Effective RCM is vital for the financial health of any healthcare organization, as it ensures timely and accurate reimbursement while minimizing compliance risks.

🔄 The Eight Stages of the Revenue Cycle

RCM is a continuous, multi-step process. It is often segmented into stages occurring before, during, and after patient care.

A. Front End (Before Service)

The front-end stages focus on patient information and financial verification, ensuring payment is likely before the service is provided.

  1. Pre-Registration and Scheduling: Gathering initial patient demographics, contact information, and insurance details during the scheduling phase.

  2. Insurance Eligibility and Verification: This critical step confirms that the patient's insurance policy is active and covers the specific service being sought. Verifying deductibles, co-pays, and co-insurance is essential for calculating the patient's estimated financial responsibility.

  3. Prior Authorization: Obtaining necessary approval from the payer (insurance company) for specific high-cost or specialized procedures. Failure to secure authorization results in claim denial.
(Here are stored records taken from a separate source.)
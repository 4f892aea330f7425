-- ===== src/Group/Extend/Objects.antt =====
-- The objects that init_pages_for_group lays out in new pages.
use rtgc.Common.{
  ℕ, zero, suc, ◌+◌, ◌≡◌, ◌≢◌, refl, sym, ◌∙◌, List, [], ◌∷◌, All, ◌∉◌, head_or, last_or, arith,
}
use rtgc.InfoBits.{Mem, Ptr, write, green, next_link, prev_link, get_color}
use rtgc.InfoBits.Words.{Aligned, get_link_pointer-Aligned'}
use rtgc.InfoBits.Fields.{
  get_color-set_color_self, get_color-set_color_ne, prev_link-set_color, next_link-set_color,
}
use rtgc.Chain.{IsNode, AreNodes, IsChain, nil, cons, AllColor}
use rtgc.Group.{init_object, init_objects}

-- The addresses of `k` objects of the given size from `base` on.
abbrev pub objects : (size k : ℕ) → (base : Ptr) → List Ptr
objects size zero base = []
objects size (suc k) base = base ∷ objects size k (base + size)

-- The links and the color of a header are the same in both memories.
abbrev pub SameHeader : Mem → Mem → Ptr → Type 0
SameHeader m m' q =
    (prev_link m' q ≡ prev_link m q)
    × (next_link m' q ≡ next_link m q)
    × (get_color m' q ≡ get_color m q)

pub IsChain-same :
    {m m' : Mem} {b a : Ptr} (zs : List Ptr)
    → All (SameHeader m m') zs
    → IsChain m b zs a
    → IsChain m' b zs a
IsChain-same [] h nil = nil
IsChain-same (z ∷ zs) h (cons e f k) = cons (h.0.0 ∙ e) (h.0.1 ∙ f) (IsChain-same zs h.1 k)

pub AllColor-same :
    (m m' : Mem) (c : ℕ) (zs : List Ptr)
    → All (SameHeader m m') zs
    → AllColor m c zs
    → AllColor m' c zs
AllColor-same m m' c [] h k = tt
AllColor-same m m' c (z ∷ zs) h k = (h.0.2 ∙ k.0, AllColor-same m m' c zs h.1 k.1)

module _ (m : Mem) (p c n : Ptr) (hp : Aligned p) (hc : Aligned c) (hn : Aligned n) where
  init_object_links :
      (prev_link (init_object m p c n) c ≡ p)
      × (next_link (init_object m p c n) c ≡ n)
      × (get_color (init_object m p c n) c ≡ green)
  unfolding init_object
  init_object_links = (
    prev_link-set_color (write (write m c p) (c + 8) n) c green c (omega arith) ∙ stored_prev,
    next_link-set_color (write (write m c p) (c + 8) n) c green c hc hc ∙ stored_next,
    get_color-set_color_self (write (write m c p) (c + 8) n) c green (omega arith),
  )
    where
      stored_prev : prev_link (write (write m c p) (c + 8) n) c ≡ p
      stored_prev = unfold prev_link write in ground (arith, get_link_pointer-Aligned' p)

      stored_next : next_link (write (write m c p) (c + 8) n) c ≡ n
      stored_next = unfold next_link write in ground (arith, get_link_pointer-Aligned' n)

  init_object_other : (q : Ptr) → Aligned q → q ≢ c → SameHeader m (init_object m p c n) q
  unfolding init_object
  init_object_other q hq ne = (
    prev_link-set_color (write (write m c p) (c + 8) n) c green q (omega arith) ∙ kept_prev,
    next_link-set_color (write (write m c p) (c + 8) n) c green q hc hq ∙ kept_next,
    get_color-set_color_ne (write (write m c p) (c + 8) n) c green (omega arith) q ne ∙ kept_color,
  )
    where
      kept_prev : prev_link (write (write m c p) (c + 8) n) q ≡ prev_link m q
      kept_prev = unfold prev_link write in ground arith

      kept_next : next_link (write (write m c p) (c + 8) n) q ≡ next_link m q
      kept_next = unfold next_link write in ground arith

      kept_color : get_color (write (write m c p) (c + 8) n) q ≡ get_color m q
      kept_color = unfold get_color write in ground arith

pub init_objects_other :
    (size k : ℕ) (p c : Ptr) (m : Mem) (q : Ptr)
    → Aligned size
    → Aligned p
    → All IsNode (objects size k c)
    → Aligned q
    → q ∉ objects size k c
    → SameHeader m (init_objects size k p c m).0 q
unfolding init_objects
init_objects_other size zero p c m q hs hp n hq o = (refl, refl, refl)
init_objects_other size (suc k) p c m q hs hp n hq o =
    let hn : Aligned (c + size) = omega (arith, n.0.0) in
    let r =
      init_objects_other size k c (c + size) (init_object m p c (c + size)) q hs n.0.0 n.1 hq o.1 in
    let s = init_object_other m p c (c + size) hp n.0.0 hn q hq (λ e. o.0 (sym e)) in
    (r.0 ∙ s.0, r.1 ∙ s.1, r.2 ∙ s.2)

-- Where the objects end.
abbrev pub stop : (size k : ℕ) → (base : Ptr) → Ptr
stop size zero base = base
stop size (suc k) base = stop size k (base + size)

head-objects : (size k : ℕ) (c : Ptr) → head_or (objects size k c) (stop size k c) ≡ c
head-objects size zero c = refl
head-objects size (suc k) c = refl

-- The objects laid out form a chain of green objects.
pub init_objects-IsChain :
    (size k : ℕ) (p c : Ptr) (m : Mem)
    → Aligned size
    → Aligned p
    → AreNodes (objects size k c)
    → IsChain (init_objects size k p c m).0 p (objects size k c) (stop size k c)
      × AllColor (init_objects size k p c m).0 green (objects size k c)
      × ((init_objects size k p c m).1 ≡ last_or p (objects size k c))
unfolding init_objects
init_objects-IsChain size zero p c m hs hp n = (nil, tt, refl)
init_objects-IsChain size (suc k) p c m hs hp n =
    let hn : Aligned (c + size) = omega (arith, n.0.0.0) in
    let m1 = init_object m p c (c + size) in
    let r = init_objects-IsChain size k c (c + size) m1 hs n.0.0.0 (n.0.1, n.1.1) in
    let s = init_object_links m p c (c + size) hp n.0.0.0 hn in
    let o = init_objects_other size k c (c + size) m1 c hs n.0.0.0 n.0.1 n.0.0.0 n.1.0 in
    (cons (o.0 ∙ s.0) (o.1 ∙ s.1 ∙ sym (head-objects size k (c + size))) r.0, (o.2 ∙ s.2, r.1), r.2)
B. Middle End (Service Delivery and Documentation)

The middle-end stages occur during and immediately after the clinical encounter, ensuring all services are accurately documented and coded.

  1. Charge Capture: The process of documenting all services, supplies, and procedures provided to the patient. This ensures that every billable item is accounted for and translated into a financial charge.

  2. Clinical Documentation and Coding: Professional medical coders translate the physician's notes and documentation (diagnosis, procedures, services) into standardized code sets (ICD-10 for diagnoses and CPT for procedures). Accurate coding is paramount for claim submission and compliance.